Review Roundup: Marin Ireland's PRE-EXISTING CONDITION Sara Holdren, Vulture: Maslany is heartbreaking at the center of Ireland’s story; you can see her body, sometimes tensely twisted and sometimes crumpled in dull exhaustion, working through a poison it’s trying to expel. Whatever Dizzia, Chan, O’Connell, and Gevinson bring to the role, there’s a sense that they’ll be bolstered by Maslany’s performance, and that she in turn is drawing strength from the knowledge that they’re right behind her. “You have some nice friends,” Connors’s D tells A at one point. Perhaps that’s what you do with this: Find those friends, take their hands, tell your story.

Review Roundup: Marin Ireland's PRE-EXISTING CONDITION Elysa Gardner, New York Sun: While Ireland has proven herself capable of great nuance as an actress, her writing here can seem ham-fisted, or too neatly tailored to confront stereotypes or stoke outrage. Watching Marin Ireland’s new play, “Pre-Existing Condition,” I couldn’t help but think of those Feeding America ads that have popped up everywhere in recent years, flashing AI-generated faces representing everyday folks to remind us that, according to its statistics, one in eight people suffer from hunger.
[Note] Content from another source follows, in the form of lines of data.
-- ===== src/Events/Lifecycle.antt =====
-- backend/app/services/github/event_handlers.py: `handle_pull_request_lifecycle` and the resolution of the findings of
-- landed fixes. The handler returns the pull request's row beside the tables. An `advance` that
-- raises would end the handler: only the row that it leaves is read here, since the event is fired
-- in the one status in which it is legal.
use greensecops.Common.{
  ℕ, Bool, true, false, List, [], ◌∷◌, ◌++◌, Option, none, some, ◌&&◌, any, map, filter,
  if◌then◌else◌, update,
}
use greensecops.StateMachines.Base.{advance, try_advance}
use greensecops.StateMachines.Fix.{
  FixStatus, FixEvent, superseded_by_closed_pr, restore, supersede_closed_pr, land, fix_machine,
}
use greensecops.StateMachines.PullRequest.{
  PullRequestEvent, merge, close, reopen, pull_request_machine,
}
use greensecops.WorkflowSync.{FindingResolutionReason}
use greensecops.Events.Store.{
  Repository, PullRequest, WorkflowFix, WorkflowFinding, Event, fix_landed, fix_rejected, pr_closed,
  pr_opened, World, Machines, pr_state_field, fix_status_field, is_number, announce,
  save_pull_request, get_repository,
}

-- `WorkflowFix.pr_id == pr_record.id`.
unfoldable pub is_of_pr : PullRequest → WorkflowFix → Bool
unfolding is_number
is_of_pr pr fix = is_number fix.pr_id pr.id

unfoldable pub is_withdrawn : FixStatus → Bool
is_withdrawn superseded_by_closed_pr = true
is_withdrawn _ = false

-- `resolved_at IS NULL`.
unfoldable pub is_open : WorkflowFinding → Bool
is_open finding = elim finding.resolved_at [ none ↦ true | some _ ↦ false ]

-- `fix_id IN fix_ids`.
unfoldable pub is_addressed : List WorkflowFix → WorkflowFinding → Bool
unfolding is_number
is_addressed fixes finding = any (λ fix. is_number finding.fix_id fix.id) fixes

unfoldable pub resolve_as : FindingResolutionReason → ℕ → WorkflowFinding → WorkflowFinding
resolve_as reason now finding = record finding {
  resolved_at = some now;
  resolution_reason = some reason;
}

unfoldable pub resolve_issues_for_landed_fixes :
    ℕ → List WorkflowFix → List WorkflowFinding → List WorkflowFinding
unfolding is_open is_addressed resolve_as
resolve_issues_for_landed_fixes now fixes findings =
    update (λ finding. is_addressed fixes finding && is_open finding)
      (resolve_as FindingResolutionReason.merged now) findings

abbrev pub fix_event : PullRequestEvent → ℕ → ℕ → ℕ → Event
fix_event merge org_id repo_id fix_id = fix_landed org_id repo_id fix_id
fix_event _ org_id repo_id fix_id = fix_rejected org_id repo_id fix_id

abbrev pub is_merge : PullRequestEvent → Bool
is_merge merge = true
is_merge _ = false

abbrev pub pr_event : PullRequestEvent → Repository → PullRequest → ℕ → Event
pr_event reopen repo pr fix_id = pr_opened repo.org_id repo.id (fix_id ∷ []) pr.pr_url pr.pr_branch
pr_event event repo pr fix_id = pr_closed repo.org_id repo.id fix_id pr.pr_url (is_merge event)

-- The events of a pull request, given its fixes: that of the first one.
unfoldable pub pr_events :
    PullRequestEvent → Repository → PullRequest → List WorkflowFix → List Event
pr_events event repo pr [] = []
pr_events event repo pr (fix ∷ _) = pr_event event repo pr fix.id ∷ []

unfoldable pub lifecycle_events :
    PullRequestEvent
    → Option Repository
    → PullRequest
    → List WorkflowFix
    → List WorkflowFix
    → List Event
unfolding pr_events
lifecycle_events event none pr changed pr_fixes = []
lifecycle_events event (some repo) pr changed pr_fixes =
    map (λ fix. fix_event event repo.org_id repo.id fix.id) changed
    ++ pr_events event repo pr pr_fixes

module _ (machines : Machines) where
  unfoldable pub advance_pr : PullRequestEvent → PullRequest → PullRequest × Bool
  advance_pr event pr =
      try_advance machines.on_pull_request pull_request_machine pr_state_field pr event

  unfoldable pub advance_row : FixEvent → WorkflowFix → WorkflowFix × Bool
  advance_row event fix = try_advance machines.on_fix fix_machine fix_status_field fix event

  unfoldable pub restore_fix : WorkflowFix → WorkflowFix
  unfolding is_withdrawn
  restore_fix fix =
      if is_withdrawn fix.status
      then (advance machines.on_fix fix_machine fix_status_field fix restore).0
      else fix

  -- A fix of the pull request behind the loop, and whether it is in `changed`.
  unfoldable pub settle_fix : PullRequestEvent → WorkflowFix → WorkflowFix × Bool
  unfolding advance_row restore_fix
  settle_fix reopen fix = (restore_fix fix, false)
  settle_fix close fix = advance_row supersede_closed_pr fix
  settle_fix merge fix = advance_row land fix
  settle_fix _ fix = (fix, false)

  unfoldable pub settle_fixes : PullRequestEvent → PullRequest → List WorkflowFix → List WorkflowFix
  unfolding is_of_pr settle_fix
  settle_fixes event pr fixes = update (is_of_pr pr) (λ fix. (settle_fix event fix).0) fixes

  -- `changed`, as the loop leaves its fixes.
  unfoldable pub changed_fixes :
      PullRequestEvent → PullRequest → List WorkflowFix → List WorkflowFix
  unfolding is_of_pr settle_fix
  changed_fixes event pr [] = []
  changed_fixes event pr (fix ∷ fixes) =
      let rest = changed_fixes event pr fixes in
      if is_of_pr pr fix && (settle_fix event fix).1 then (settle_fix event fix).0 ∷ rest else rest

  unfoldable pub settle_findings : ℕ → PullRequestEvent → PullRequest → World → List WorkflowFinding
  unfolding changed_fixes resolve_issues_for_landed_fixes
  settle_findings now merge pr w =
      resolve_issues_for_landed_fixes now (changed_fixes merge pr w.fixes) w.findings
  settle_findings now _ pr w = w.findings

  unfoldable pub handle_pull_request_lifecycle :
      ℕ → PullRequestEvent → PullRequest → World → PullRequest × World
  unfolding advance_pr settle_fixes changed_fixes settle_findings save_pull_request lifecycle_events
      announce get_repository
  handle_pull_request_lifecycle now event pr w =
      let pr_record = (advance_pr event pr).0 in
      let saved = save_pull_request pr_record w in
      let settled = record saved {
        fixes = settle_fixes event pr w.fixes;
        findings = settle_findings now event pr w;
      } in
      (
        pr_record,
        announce
            (lifecycle_events event (get_repository pr.repo_id w) pr_record
              (changed_fixes event pr w.fixes) (filter (is_of_pr pr) w.fixes))
            settled,
      )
The protagonist of “Condition,” referred to simply as A, is not starving, at least not for food, but she’s having trouble finding empathy and support in the aftermath of a different ordeal.
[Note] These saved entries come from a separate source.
-- ===== src/Events/Attributes.antt =====
-- backend/app/services/github/event_handlers.py: the handlers of draft toggles, new commits, CI and reviews, and the
-- `/greensecops` commands. Each returns the pull request's row beside the tables.
use greensecops.Common.{
  ℕ, zero, suc, Bool, true, List, [], ◌∷◌, Option, none, some, ◌==◌, ◌&&◌, map, filter,
  if◌then◌else◌, update, Text, codes, text_eq,
}
use greensecops.StateMachines.PullRequest.{PullRequestEvent, external_update}
use greensecops.Events.Enums.{CiStatus, ReviewDecision, manual}
use greensecops.Events.Store.{
  Repository, PullRequest, WorkflowFinding, Event, pr_updated, World, Machines, announce,
  save_pull_request, get_repository,
}
use greensecops.Events.Commands.{is_verb}
use greensecops.Events.Scans.{enqueue_workflow_analysis}
use greensecops.Events.Lifecycle.{is_of_pr, advance_pr}

unfoldable pub updated_events : Option Repository → PullRequest → World → List Event
unfolding is_of_pr
updated_events none pr w = []
updated_events (some repo) pr w =
    pr_updated repo.org_id repo.id (map (λ fix. fix.id) (filter (is_of_pr pr) w.fixes)) pr.pr_url
      pr.pr_branch
    ∷ []

unfoldable pub publish_pr_updated : PullRequest → World → World
unfolding updated_events announce get_repository
publish_pr_updated pr w = announce (updated_events (get_repository pr.repo_id w) pr w) w

-- `session.add`, `session.commit` and `_publish_pr_updated`.
unfoldable pub record_update : PullRequest → World → PullRequest × World
unfolding publish_pr_updated save_pull_request
record_update pr w = (pr, publish_pr_updated pr (save_pull_request pr w))

-- The first characters of a text.
unfoldable pub cut : ℕ → Text → Text
cut zero s = []
cut (suc n) [] = []
cut (suc n) (c ∷ s) = c ∷ cut n s

unfoldable pub set_mergeable : Option Text → PullRequest → PullRequest
unfolding cut
set_mergeable none pr = pr
set_mergeable (some state) pr = record pr { mergeable_state = some (cut 32 state) }

module _ (machines : Machines) where
  unfoldable pub handle_pull_request_draft_toggle :
      ℕ → PullRequestEvent → PullRequest → World → PullRequest × World
  unfolding advance_pr record_update
  handle_pull_request_draft_toggle now event pr w =
      let (moved, done) = advance_pr machines event pr in
      if done then record_update (record moved { updated_at = some now }) w else (pr, w)

  unfoldable pub handle_pull_request_sync :
      ℕ → Option Text → PullRequest → World → PullRequest × World
  unfolding advance_pr record_update set_mergeable
  handle_pull_request_sync now mergeable_state pr w =
      let (moved, done) = advance_pr machines external_update pr in
      if done
      then record_update (set_mergeable mergeable_state (record moved { updated_at = some now })) w
      else (pr, w)

unfoldable pub handle_ci_status : CiStatus → PullRequest → World → PullRequest × World
unfolding record_update
handle_ci_status ci_status pr w = record_update (record pr { ci_status = some ci_status }) w

unfoldable pub handle_review_decision : ReviewDecision → PullRequest → World → PullRequest × World
unfolding record_update
handle_review_decision decision pr w =
    record_update (record pr { review_decision = some decision }) w

-- The findings that a command names.
unfoldable pub has_fingerprint : Repository → Text → WorkflowFinding → Bool
has_fingerprint repo fingerprint finding =
    finding.repo_id == repo.id && text_eq finding.fingerprint fingerprint

unfoldable pub set_ignored : Option ℕ → WorkflowFinding → WorkflowFinding
set_ignored at finding = record finding { ignored_at = at }

unfoldable pub handle_issue_ignore_command : ℕ → Repository → Text → List Text → World → World
unfolding has_fingerprint set_ignored
handle_issue_ignore_command now repo verb [] w = w
handle_issue_ignore_command now repo verb (fingerprint ∷ _) w = record w {
  findings =
      update (has_fingerprint repo fingerprint)
        (set_ignored (if text_eq verb (codes "ignore") then some now else none)) w.findings;
}

unfoldable pub handle_issue_command : ℕ → Repository → List Text → World → World
unfolding is_verb handle_issue_ignore_command enqueue_workflow_analysis
handle_issue_command now repo [] w = w
handle_issue_command now repo (verb ∷ args) w =
    if is_verb verb
    then if text_eq verb (codes "reanalyze")
      then enqueue_workflow_analysis repo repo.default_branch none manual true w
      else handle_issue_ignore_command now repo verb args w
    else w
Review Roundup: Marin Ireland's PRE-EXISTING CONDITION Melissa Rose Bernardo, New York Stage Review: If you’re familiar with Maslany only from her Emmy-winning multi-character turn in BBC America’s Orphan Black, or on Broadway in Ivo van Hove’s video-powered Network or last season’s eccentric thriller Grey House, it’s a thrill to see her in the intimate black box Connelly Theater Upstairs. Even attendees in the back row will be able to see the tears in her eyes and the clenching of her jaw. She’s an absolute marvel.

Review Roundup: Marin Ireland's PRE-EXISTING CONDITION David Finkle, New York Stage Review: The canny Pre-Existing Condition result is that Ireland as much as anything else presents a clever satirical screed on how we communicate nowadays. She hears how often we’ve integrated psychological jargon into our discourse and just as often blithely — though, we think, seriously — pass it along as meaningful observation. She’s taken in how regularly we satisfy ourselves with what we have to say, assuming it has more value than it does. The outcome, she implies — maybe as regularly as not — is less broad satisfaction than self-satisfaction.

Review Roundup: Marin Ireland's PRE-EXISTING CONDITION Amelia Merrill, New York Theatre Guide: Maslany’s performance is raw as others claw at her skin throughout the show, her half-formed answers to questions bleeding out of her. When A tells one date her last boyfriend hit her, he sarcastically chides her, “What’d you do?” Lawyers tell her there’s not enough money at stake to take her case, and mutual friends plead that her ex feels really bad about it all. No one spouts cliches like "you should have left him" or "you asked for it," but they don’t have to; she still feels it. Her therapists (Dael Orlandersmith and Sarah Steele, who bounces among characters with dexterity) tell her as much in suffocating group sessions. The sessions are made lighter for the audience when Orlandersmith and Steele respond to invisible participants with emphatic nods and “mmm-hmm”s, but there is no relief for A — only exhaustion.